The de-ICEing was completed a while ago, the weight delta before and after de-ICEing has been measured and the adapterplate to mount the gearbox to the engine is ready.
Furthermore have I decided on the layout of the controller and batterybox in the front.

Currently I am working on the motor mount and have build a prototype.








It will of course be upgraded (10mm steel plate covering all engine mounts in front of the engine and stronger "flaps").

Do you think the design will do?
(Engine is 90kg and produces 300 Nm).

Or do I need an additional stay between the upper bolt of the motor/adapterplate and the engine mount rubber?

Or do I need a completely different design with a frame around the motor and engine mounts on the side like the original B20 has.


----------



## Studebaker (Jan 22, 2012)

Great car mate. Really cool


----------



## oudevolvo (Mar 10, 2015)

Thanks! 
Another update. I came to the conclusion that the design will do and have finalised the prototype. Next week I will visit some companies that can actually produce it.






















Next step is to change the pedal box for the conversion from hydraulic clutch to cable clutch.


----------



## Studebaker (Jan 22, 2012)

Hi mate. 

First… it’s a great project. Amazons are the coolest cars ever . In my book at least. 140 series is great too. Don’t know why, but I like 140 series even better. I mean, those were the days. They build cars back then. Now… they just make gadgets. New every season. Four times a year. 

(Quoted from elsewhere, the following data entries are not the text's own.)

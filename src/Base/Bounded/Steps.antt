-- ===== src/Base/Bounded/Steps.antt =====
-- What each kind of step keeps.
use cyber_rt_standalone_r.Prelude.{
  ℕ, zero, suc, ◌+◌, ◌-◌, ◌≤◌, ◌<◌, ◌≡◌, ◌≢◌, ◌⊎◌, inl, inr, refl, sym, ap, ◌∙◌, List, [], ◌∷◌,
  ◌++◌, some, length, length-append, get_or, get_or-append_left, get_or-append_length, take, arith,
}
use mathlib.Core.Option.{some-injective}
use cyber_rt_standalone_r.Base.Bounded.{
  Shared, Phase, idle, tail_loaded, tail_checked, claimed, stored, head_loaded, head_checked,
  copied,
}
use cyber_rt_standalone_r.Base.Bounded.Invariant.{element, IsSound, Knows, owned}

take-append_left :
    {A : Type 0} (n : ℕ) (xs ys : List A) → n ≤ length xs → take n (xs ++ ys) ≡ take n xs
take-append_left zero xs ys h = refl
take-append_left (suc n) [] ys h = absurd (omega arith)
take-append_left (suc n) (x ∷ xs) ys h = ap (◌∷◌ x) (take-append_left n xs ys (omega arith))

pub take-suc :
    {A : Type 0} (n : ℕ) (xs : List A) (d : A)
    → n < length xs
    → take (suc n) xs ≡ take n xs ++ get_or xs n d ∷ []
take-suc n [] d h = absurd (omega arith)
take-suc zero (x ∷ xs) d h = refl
take-suc (suc n) (x ∷ xs) d h = ap (◌∷◌ x) (take-suc n xs d (omega arith))

module _ {T : Type 0} (default : T) where
  -- What is left of a thread's knowledge when another thread, which owned what `p` owns, has moved.
  abbrev pub Spares : Shared T → Phase T → Shared T → Type 0
  Spares m p m' =
      (q : Phase T)
      → Knows default m q
      → ((t : ℕ) → owned p ≡ some t → owned q ≢ some t)
      → Knows default m' q

  pub record Keeps (n : ℕ) (m : Shared T) (p p' : Phase T) (m' : Shared T) : Type 0 where
    pub sound : IsSound default n m'
    pub knows : Knows default m' p'
    pub spares : Spares m p m'
    pub owns : (t : ℕ) → owned p' ≡ some t → (owned p ≡ some t) ⊎ (t ≡ m.tail)

  sooner : (n : ℕ) (m : Shared T) → IsSound default (suc n) m → IsSound default n m
  sooner n m s = record {
    room = s.room;
    full = s.full;
    counted = s.counted;
    ordered = s.ordered;
    bounded = s.bounded;
    small = omega (arith, s.small);
    filled = s.filled;
    handed = s.handed;
  }

  -- A step that changes nothing that is shared.
  pub quiet :
      (n : ℕ) (m : Shared T) (p p' : Phase T)
      → IsSound default (suc n) m
      → Knows default m p'
      → ((t : ℕ) → owned p' ≡ some t → owned p ≡ some t)
      → Keeps n m p p' m
  quiet n m p p' s k e = record {
    sound = sooner n m s;
    knows = k;
    spares = λ q h a. h;
    owns = λ t o. inl (e t o);
  }

  module _ (n : ℕ) (m : Shared T) (s : IsSound default (suc n) m) where
    -- A claim of the place at the tail.
    module _ (x : T) (b : m.tail + 1 < m.head + m.pool_size) (t' : ℕ) (e : t' ≡ m.tail + 1) where
      abbrev claim : Shared T
      claim = record m { tail = t'; log = m.log ++ x ∷ [] }

      element-claim : (p : ℕ) → 0 < p → p < m.tail → element default claim p ≡ element default m p
      element-claim p h l =
          get_or-append_left m.log (x ∷ []) (p - 1) default (omega (arith, s.counted))

      claim-IsSound : IsSound default n claim
      claim-IsSound = record {
        room = s.room;
        full = s.full;
        counted = omega (arith, s.counted, e, length-append m.log (x ∷ []));
        ordered = (s.ordered.0, omega (arith, s.ordered, e));
        bounded = omega (arith, e, b);
        small = omega (arith, s.small, e);
        filled = λ p l u.
            s.filled p l u ∙ sym (element-claim p (omega arith) (omega (arith, s.ordered)));
        handed =
            s.handed
            ∙ sym (take-append_left m.head m.log (x ∷ []) (omega (arith, s.counted, s.ordered)));
      }

      spared : (p : Phase T) → Spares m p claim
      spared p idle k a = tt
      spared p (tail_loaded t y) k a = omega (arith, k, e)
      spared p (tail_checked t y) k a = (omega (arith, k, e), λ h. absurd (omega (arith, k, e)))
      spared p (claimed t y) k a =
          (k.0, omega (arith, k, e), element-claim t (omega (arith, k, s.ordered)) k.1 ∙ k.2)
      spared p (stored t) k a =
          (k.0, omega (arith, k, e), k.2 ∙ sym (element-claim t (omega (arith, k, s.ordered)) k.1))
      spared p (head_loaded h) k a = k
      spared p (head_checked h) k a = k
      spared p (copied h v) k a = (
        k.0,
        k.1,
        λ c. k.2 c ∙ sym (element-claim (h + 1) (omega arith) (omega (arith, k, s.ordered))),
      )

      pub claim-Keeps : (p : Phase T) → Keeps n m p (claimed m.tail x) claim
      claim-Keeps p = record {
        sound = claim-IsSound;
        knows = (
          s.ordered.1,
          omega (arith, e),
          get_or-append_length m.log x (m.tail - 1) default (omega (arith, s.counted)),
        );
        spares = spared p;
        owns = λ t o. inr (sym (some-injective m.tail t o));
      }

To be honest, I thought you was asking if those rusty angles were OK for motor mounting. Now I see full picture (you need to take pics, so there’s something to relate to). I think it’s quite sufficient. Don’t suppose you had a go at vectorizing it, but I think it’s really neat design. Will work 100%


----------



## Eric (Sep 9, 2012)

Hi Lars, 

Nice to see another dutchmen convert something to electric. Have you figured out how to get it to pass RDW/APK after the conversion?


----------



## oudevolvo (Mar 10, 2015)

Yes have done some research before deciding to actually start the project.
See http://www.oudevolvo.nl/2015/03/11/...-amazon-combi-naar-elektrische-auto/#kenteken (in Dutch)
Most important is the EMC certification. Therefore I have purchased my Siemens DMOC645 set at New Electric and have chosen them as partner for the project.
They had the Siemens+DMOC tested and it passed the test. So they will provide me with a certificate that all my components meet the EMC criteria. I can use that at the RDW. This makes it a paperwork exercise without the need for me to take the actual tests myself with my build.
Furthermore it is about handling, braking and weight but that is a matter of best efforts, calculations and estimates and a little trial and error.


----------



## Tomdb (Jan 28, 2013)

Becareful to start informing the RDW on tiem. The rules are shifting to having the complete vehicle EMC certified instead of just the components. 

So informing about the up coming rule changes is a good thing to do.


----------



## Eric (Sep 9, 2012)

The emc is the biggest deal, but rules are constantly changing like tomdb says so keep asking for the latest changes before you build something that is not going to pass all tests.
Interesting build so far!


----------



## oudevolvo (Mar 10, 2015)

Thanks! I will check with both RDW and discuss it with New Electric. One advantage for me is that I'm in the slipstream of another conversion they are doing at the moment. However, thanks for the advice! A moving target or even worse a target changes later on that requires other design decisions are not very pleasant. Thought that since in The Netherlands we have one of the most strictest rules already it would not change much...


----------



## Duncan (Dec 8, 2008)

Back to your "rule changes" for getting your car on the road
Do you not have a mechanism for commenting/critiquing the proposed new rules?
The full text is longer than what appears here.